In the entries that follow, the first line to write out is the one containing "dstats_add_points schema n (drop", and the last is the one containing "set_stats (dim ∷ dims) (stat". Reproduce that stretch exactly, with nothing before or after it.

******************************

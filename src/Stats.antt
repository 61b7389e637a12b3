-- ===== src/Stats.antt =====
-- lib/pc_stats.c: the least, the greatest and the average value of each dimension of a patch, kept
-- as three points.
use pointcloud.Common.{
  ℕ, zero, suc, ◌*◌, true, false, if◌then◌else◌, List, [], ◌∷◌, drop, replicate, Option, none, some,
}
use pointcloud.Common.Result.{Result, ok, ◌>>=◌}
use pointcloud.Bytes.{slice}
use pointcloud.Value.{Doubles}
use pointcloud.Schema.{Dimension, Schema, ndims}
use pointcloud.Schema.Compare.{followed}
use pointcloud.Point.{Point, point_get_double, point_set_double}

pub record Stats {ℓ} (D T : Type ℓ) : Type ℓ where
  pub min : Point D T
  pub max : Point D T
  pub avg : Point D T

-- `PCDOUBLESTAT`
pub record Dstat {ℓ} (D : Type ℓ) : Type ℓ where
  pub min : D
  pub max : D
  pub sum : D

module _ {ℓ} {D T : Type ℓ} where
  unfoldable pub stats_new_from_data : Schema D T → List ℕ → List ℕ → List ℕ → Stats D T
  stats_new_from_data schema mindata maxdata avgdata = record {
    min = record { readonly = true; schema = schema; data_bytes = mindata };
    max = record { readonly = true; schema = schema; data_bytes = maxdata };
    avg = record { readonly = true; schema = schema; data_bytes = avgdata };
  }

  zero_point : Schema D T → Point D T
  zero_point schema = record {
    readonly = false;
    schema = schema;
    data_bytes = replicate schema.size 0;
  }

  unfoldable pub stats_new : Schema D T → Stats D T
  unfolding zero_point
  stats_new schema = record {
    min = zero_point schema;
    max = zero_point schema;
    avg = zero_point schema;
  }

  clone_point : Point D T → Result (Point D T)
  clone_point pt = do
    bytes ← slice pt.data_bytes 0 pt.schema.size
    ok (record pt { readonly = false; data_bytes = bytes })

  unfoldable pub stats_clone : Option (Stats D T) → Result (Option (Stats D T))
  unfolding clone_point
  stats_clone none = ok none
  stats_clone (some stats) = do
    min ← clone_point stats.min
    max ← clone_point stats.max
    avg ← clone_point stats.avg
    ok (some (record { min = min; max = max; avg = avg }))

  unfoldable pub stats_size : Schema D T → ℕ
  stats_size schema = 3 * schema.size

module _ {ℓ} {D : Type ℓ} (doubles : Doubles D) where
  unfoldable pub dstats_new : ℕ → List (Dstat D)
  dstats_new ndims = replicate ndims (record {
    min = doubles.dbl_max;
    max = doubles.negate doubles.dbl_max;
    sum = doubles.from_nat 0;
  })

  unfoldable pub dstat_add : Dstat D → D → Dstat D
  dstat_add stat val = record {
    min = if doubles.less val stat.min then val else stat.min;
    max = if doubles.less stat.max val then val else stat.max;
    sum = doubles.add stat.sum val;
  }

module _ {ℓ} {D T : Type ℓ} (doubles : Doubles D) where
  -- The values of one point. A value that is not there leaves `val` as it was, not initialized.
  unfoldable pub dstats_add_point :
      Point D T → List (Option (Dimension D)) → List (Dstat D) → Result (List (Dstat D))
  unfolding dstat_add
  dstats_add_point pt [] dstats = ok []
  dstats_add_point pt (dim ∷ dims) [] = ok []
  dstats_add_point pt (dim ∷ dims) (stat ∷ dstats) = do
    got ← point_get_double doubles pt dim
    val ← followed got
    rest ← dstats_add_point pt dims dstats
    ok (dstat_add doubles stat val ∷ rest)

  -- The loop over the points that are left in the data.
  unfoldable pub dstats_add_points :
      Schema D T → ℕ → List ℕ → List (Dstat D) → Result (List (Dstat D))
  unfolding dstats_add_point
  dstats_add_points schema zero bytes dstats = ok dstats
  dstats_add_points schema (suc n) bytes dstats = do
    dstats' ←
        dstats_add_point (record { readonly = true; schema = schema; data_bytes = bytes })
          schema.dims dstats
    dstats_add_points schema n (drop schema.size bytes) dstats'

  -- The point of a statistic that `value` takes from each dimension.
  set_or_keep : Point D T → Option (Dimension D) → D → Result (Point D T)
  set_or_keep pt dim val = do
    set ← point_set_double doubles pt dim val
    ok (elim set [ none ↦ pt | some pt' ↦ pt' ])

  -- The loop of `pc_stats_new_from_dstats`.
  unfoldable pub set_stats :
      List (Option (Dimension D)) → List (Dstat D) → ℕ → Stats D T → Result (Stats D T)
  unfolding set_or_keep
  set_stats [] dstats npoints stats = ok stats
  set_stats (dim ∷ dims) [] npoints stats = ok stats
  set_stats (dim ∷ dims) (stat ∷ dstats) npoints stats = do
    min ← set_or_keep stats.min dim stat.min
    max ← set_or_keep stats.max dim stat.max
    avg ← set_or_keep stats.avg dim (doubles.divide stat.sum (doubles.from_nat npoints))
    set_stats dims dstats npoints (record { min = min; max = max; avg = avg })

  -- The statistics of `npoints` points of a schema.
  unfoldable pub compute_stats : Schema D T → ℕ → List ℕ → Result (Stats D T)
  unfolding dstats_new dstats_add_points set_stats stats_new
  compute_stats schema npoints bytes = do
    dstats ← dstats_add_points schema npoints bytes (dstats_new doubles (ndims schema))
    set_stats schema.dims dstats npoints (stats_new schema)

******************************

Your solution:
    dstats_add_points schema n (drop schema.size bytes) dstats'

  -- The point of a statistic that `value` takes from each dimension.
  set_or_keep : Point D T → Option (Dimension D) → D → Result (Point D T)
  set_or_keep pt dim val = do
    set ← point_set_double doubles pt dim val
    ok (elim set [ none ↦ pt | some pt' ↦ pt' ])

  -- The loop of `pc_stats_new_from_dstats`.
  unfoldable pub set_stats :
      List (Option (Dimension D)) → List (Dstat D) → ℕ → Stats D T → Result (Stats D T)
  unfolding set_or_keep
  set_stats [] dstats npoints stats = ok stats
  set_stats (dim ∷ dims) [] npoints stats = ok stats
  set_stats (dim ∷ dims) (stat ∷ dstats) npoints stats = do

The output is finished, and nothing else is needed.